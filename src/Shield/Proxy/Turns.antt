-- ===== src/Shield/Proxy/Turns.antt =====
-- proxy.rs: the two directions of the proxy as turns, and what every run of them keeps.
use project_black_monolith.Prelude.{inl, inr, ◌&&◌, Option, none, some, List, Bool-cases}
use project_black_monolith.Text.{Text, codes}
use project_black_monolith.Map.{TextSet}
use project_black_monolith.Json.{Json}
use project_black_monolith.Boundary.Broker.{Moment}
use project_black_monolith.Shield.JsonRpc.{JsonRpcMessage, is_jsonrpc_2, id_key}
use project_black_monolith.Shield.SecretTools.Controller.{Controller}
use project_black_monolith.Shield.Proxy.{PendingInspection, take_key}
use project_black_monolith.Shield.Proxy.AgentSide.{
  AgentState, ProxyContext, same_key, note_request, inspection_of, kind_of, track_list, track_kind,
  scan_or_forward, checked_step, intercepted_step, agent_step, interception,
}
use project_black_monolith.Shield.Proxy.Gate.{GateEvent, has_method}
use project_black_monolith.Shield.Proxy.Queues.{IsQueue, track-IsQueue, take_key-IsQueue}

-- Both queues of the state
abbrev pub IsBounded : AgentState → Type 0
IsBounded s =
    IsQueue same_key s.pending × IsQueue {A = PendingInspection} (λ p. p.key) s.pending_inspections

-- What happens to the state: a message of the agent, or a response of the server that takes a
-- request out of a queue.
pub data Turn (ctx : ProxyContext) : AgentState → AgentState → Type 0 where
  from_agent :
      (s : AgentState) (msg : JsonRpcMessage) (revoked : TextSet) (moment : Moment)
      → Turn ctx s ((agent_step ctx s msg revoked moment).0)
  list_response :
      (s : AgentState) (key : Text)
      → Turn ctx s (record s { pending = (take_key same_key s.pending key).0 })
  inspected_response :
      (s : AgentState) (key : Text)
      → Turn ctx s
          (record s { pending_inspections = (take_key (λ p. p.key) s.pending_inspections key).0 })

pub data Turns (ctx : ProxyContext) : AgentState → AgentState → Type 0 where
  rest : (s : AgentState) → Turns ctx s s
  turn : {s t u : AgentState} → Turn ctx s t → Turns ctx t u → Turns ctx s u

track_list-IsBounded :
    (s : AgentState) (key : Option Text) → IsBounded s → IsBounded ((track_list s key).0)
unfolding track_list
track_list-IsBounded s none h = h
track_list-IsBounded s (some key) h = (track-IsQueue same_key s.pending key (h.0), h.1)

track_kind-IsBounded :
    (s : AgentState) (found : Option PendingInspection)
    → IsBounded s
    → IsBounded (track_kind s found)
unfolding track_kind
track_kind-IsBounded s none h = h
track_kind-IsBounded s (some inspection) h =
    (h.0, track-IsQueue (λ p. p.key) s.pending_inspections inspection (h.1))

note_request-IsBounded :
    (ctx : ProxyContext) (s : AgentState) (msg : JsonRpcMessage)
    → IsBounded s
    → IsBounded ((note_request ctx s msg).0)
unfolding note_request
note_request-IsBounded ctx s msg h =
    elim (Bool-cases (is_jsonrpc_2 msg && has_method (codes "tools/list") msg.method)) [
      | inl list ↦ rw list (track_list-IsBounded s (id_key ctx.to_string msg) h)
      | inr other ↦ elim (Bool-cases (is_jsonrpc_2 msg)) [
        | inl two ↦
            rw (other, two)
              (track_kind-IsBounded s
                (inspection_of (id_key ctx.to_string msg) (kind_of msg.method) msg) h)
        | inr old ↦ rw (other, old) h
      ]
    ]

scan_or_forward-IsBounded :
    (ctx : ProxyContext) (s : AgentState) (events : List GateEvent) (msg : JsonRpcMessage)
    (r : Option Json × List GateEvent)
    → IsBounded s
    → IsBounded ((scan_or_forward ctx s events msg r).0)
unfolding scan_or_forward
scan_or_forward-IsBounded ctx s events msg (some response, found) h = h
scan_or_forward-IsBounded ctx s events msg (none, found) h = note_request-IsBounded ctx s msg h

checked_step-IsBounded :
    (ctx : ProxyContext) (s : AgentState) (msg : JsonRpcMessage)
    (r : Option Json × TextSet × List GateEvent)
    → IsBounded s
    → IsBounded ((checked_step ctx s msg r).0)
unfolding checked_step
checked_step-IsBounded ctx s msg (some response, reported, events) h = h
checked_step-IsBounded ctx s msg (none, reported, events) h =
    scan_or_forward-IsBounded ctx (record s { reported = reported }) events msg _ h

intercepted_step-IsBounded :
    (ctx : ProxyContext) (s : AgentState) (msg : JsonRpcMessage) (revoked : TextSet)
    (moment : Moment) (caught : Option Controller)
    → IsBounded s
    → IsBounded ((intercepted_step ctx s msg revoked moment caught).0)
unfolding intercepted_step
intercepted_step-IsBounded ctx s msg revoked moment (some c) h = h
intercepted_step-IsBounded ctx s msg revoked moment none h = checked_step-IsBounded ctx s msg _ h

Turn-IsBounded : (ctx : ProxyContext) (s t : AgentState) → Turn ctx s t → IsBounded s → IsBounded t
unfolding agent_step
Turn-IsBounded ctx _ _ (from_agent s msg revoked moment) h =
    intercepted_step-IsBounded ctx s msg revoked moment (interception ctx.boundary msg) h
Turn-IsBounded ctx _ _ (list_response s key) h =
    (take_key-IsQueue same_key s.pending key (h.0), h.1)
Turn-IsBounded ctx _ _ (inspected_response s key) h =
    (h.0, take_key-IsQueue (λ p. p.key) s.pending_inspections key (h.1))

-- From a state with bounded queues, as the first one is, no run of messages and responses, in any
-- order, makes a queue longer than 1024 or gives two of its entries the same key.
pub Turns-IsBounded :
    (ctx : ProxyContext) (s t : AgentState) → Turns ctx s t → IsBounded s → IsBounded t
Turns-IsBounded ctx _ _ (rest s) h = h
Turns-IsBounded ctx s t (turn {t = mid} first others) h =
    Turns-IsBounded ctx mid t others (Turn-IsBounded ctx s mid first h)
===============
Work item
Retype each entry without altering a single word.

Solution for this problem
filename src/Shield/Proxy/Turns.antt
-- ===== src/Shield/Proxy/Turns.antt =====
-- proxy.rs: the two directions of the proxy as turns, and what every run of them keeps.
use project_black_monolith.Prelude.{inl, inr, ◌&&◌, Option, none, some, List, Bool-cases}
use project_black_monolith.Text.{Text, codes}
use project_black_monolith.Map.{TextSet}
use project_black_monolith.Json.{Json}
use project_black_monolith.Boundary.Broker.{Moment}
use project_black_monolith.Shield.JsonRpc.{JsonRpcMessage, is_jsonrpc_2, id_key}
use project_black_monolith.Shield.SecretTools.Controller.{Controller}
use project_black_monolith.Shield.Proxy.{PendingInspection, take_key}
use project_black_monolith.Shield.Proxy.AgentSide.{
  AgentState, ProxyContext, same_key, note_request, inspection_of, kind_of, track_list, track_kind,
  scan_or_forward, checked_step, intercepted_step, agent_step, interception,
}
use project_black_monolith.Shield.Proxy.Gate.{GateEvent, has_method}
use project_black_monolith.Shield.Proxy.Queues.{IsQueue, track-IsQueue, take_key-IsQueue}

-- Both queues of the state
abbrev pub IsBounded : AgentState → Type 0
IsBounded s =
    IsQueue same_key s.pending × IsQueue {A = PendingInspection} (λ p. p.key) s.pending_inspections

-- What happens to the state: a message of the agent, or a response of the server that takes a
-- request out of a queue.
pub data Turn (ctx : ProxyContext) : AgentState → AgentState → Type 0 where
  from_agent :
      (s : AgentState) (msg : JsonRpcMessage) (revoked : TextSet) (moment : Moment)
      → Turn ctx s ((agent_step ctx s msg revoked moment).0)
  list_response :
      (s : AgentState) (key : Text)
      → Turn ctx s (record s { pending = (take_key same_key s.pending key).0 })
  inspected_response :
      (s : AgentState) (key : Text)
      → Turn ctx s
          (record s { pending_inspections = (take_key (λ p. p.key) s.pending_inspections key).0 })

pub data Turns (ctx : ProxyContext) : AgentState → AgentState → Type 0 where
  rest : (s : AgentState) → Turns ctx s s
  turn : {s t u : AgentState} → Turn ctx s t → Turns ctx t u → Turns ctx s u

track_list-IsBounded :
    (s : AgentState) (key : Option Text) → IsBounded s → IsBounded ((track_list s key).0)
unfolding track_list
track_list-IsBounded s none h = h
track_list-IsBounded s (some key) h = (track-IsQueue same_key s.pending key (h.0), h.1)

track_kind-IsBounded :
    (s : AgentState) (found : Option PendingInspection)
    → IsBounded s
    → IsBounded (track_kind s found)
unfolding track_kind
track_kind-IsBounded s none h = h
track_kind-IsBounded s (some inspection) h =
    (h.0, track-IsQueue (λ p. p.key) s.pending_inspections inspection (h.1))

note_request-IsBounded :
    (ctx : ProxyContext) (s : AgentState) (msg : JsonRpcMessage)
    → IsBounded s
    → IsBounded ((note_request ctx s msg).0)
unfolding note_request
note_request-IsBounded ctx s msg h =
    elim (Bool-cases (is_jsonrpc_2 msg && has_method (codes "tools/list") msg.method)) [
      | inl list ↦ rw list (track_list-IsBounded s (id_key ctx.to_string msg) h)
      | inr other ↦ elim (Bool-cases (is_jsonrpc_2 msg)) [
        | inl two ↦
            rw (other, two)
              (track_kind-IsBounded s
                (inspection_of (id_key ctx.to_string msg) (kind_of msg.method) msg) h)
        | inr old ↦ rw (other, old) h
      ]
    ]

scan_or_forward-IsBounded :
    (ctx : ProxyContext) (s : AgentState) (events : List GateEvent) (msg : JsonRpcMessage)
    (r : Option Json × List GateEvent)
    → IsBounded s
    → IsBounded ((scan_or_forward ctx s events msg r).0)
unfolding scan_or_forward
scan_or_forward-IsBounded ctx s events msg (some response, found) h = h
scan_or_forward-IsBounded ctx s events msg (none, found) h = note_request-IsBounded ctx s msg h

checked_step-IsBounded :
    (ctx : ProxyContext) (s : AgentState) (msg : JsonRpcMessage)
    (r : Option Json × TextSet × List GateEvent)
    → IsBounded s
    → IsBounded ((checked_step ctx s msg r).0)
unfolding checked_step
checked_step-IsBounded ctx s msg (some response, reported, events) h = h
checked_step-IsBounded ctx s msg (none, reported, events) h =
    scan_or_forward-IsBounded ctx (record s { reported = reported }) events msg _ h

intercepted_step-IsBounded :
    (ctx : ProxyContext) (s : AgentState) (msg : JsonRpcMessage) (revoked : TextSet)
    (moment : Moment) (caught : Option Controller)
    → IsBounded s
    → IsBounded ((intercepted_step ctx s msg revoked moment caught).0)
unfolding intercepted_step
intercepted_step-IsBounded ctx s msg revoked moment (some c) h = h
intercepted_step-IsBounded ctx s msg revoked moment none h = checked_step-IsBounded ctx s msg _ h

Turn-IsBounded : (ctx : ProxyContext) (s t : AgentState) → Turn ctx s t → IsBounded s → IsBounded t
unfolding agent_step
Turn-IsBounded ctx _ _ (from_agent s msg revoked moment) h =
    intercepted_step-IsBounded ctx s msg revoked moment (interception ctx.boundary msg) h
Turn-IsBounded ctx _ _ (list_response s key) h =
    (take_key-IsQueue same_key s.pending key (h.0), h.1)
Turn-IsBounded ctx _ _ (inspected_response s key) h =
    (h.0, take_key-IsQueue (λ p. p.key) s.pending_inspections key (h.1))

-- From a state with bounded queues, as the first one is, no run of messages and responses, in any
-- order, makes a queue longer than 1024 or gives two of its entries the same key.
pub Turns-IsBounded :
    (ctx : ProxyContext) (s t : AgentState) → Turns ctx s t → IsBounded s → IsBounded t
Turns-IsBounded ctx _ _ (rest s) h = h
Turns-IsBounded ctx s t (turn {t = mid} first others) h =
    Turns-IsBounded ctx mid t others (Turn-IsBounded ctx s mid first h)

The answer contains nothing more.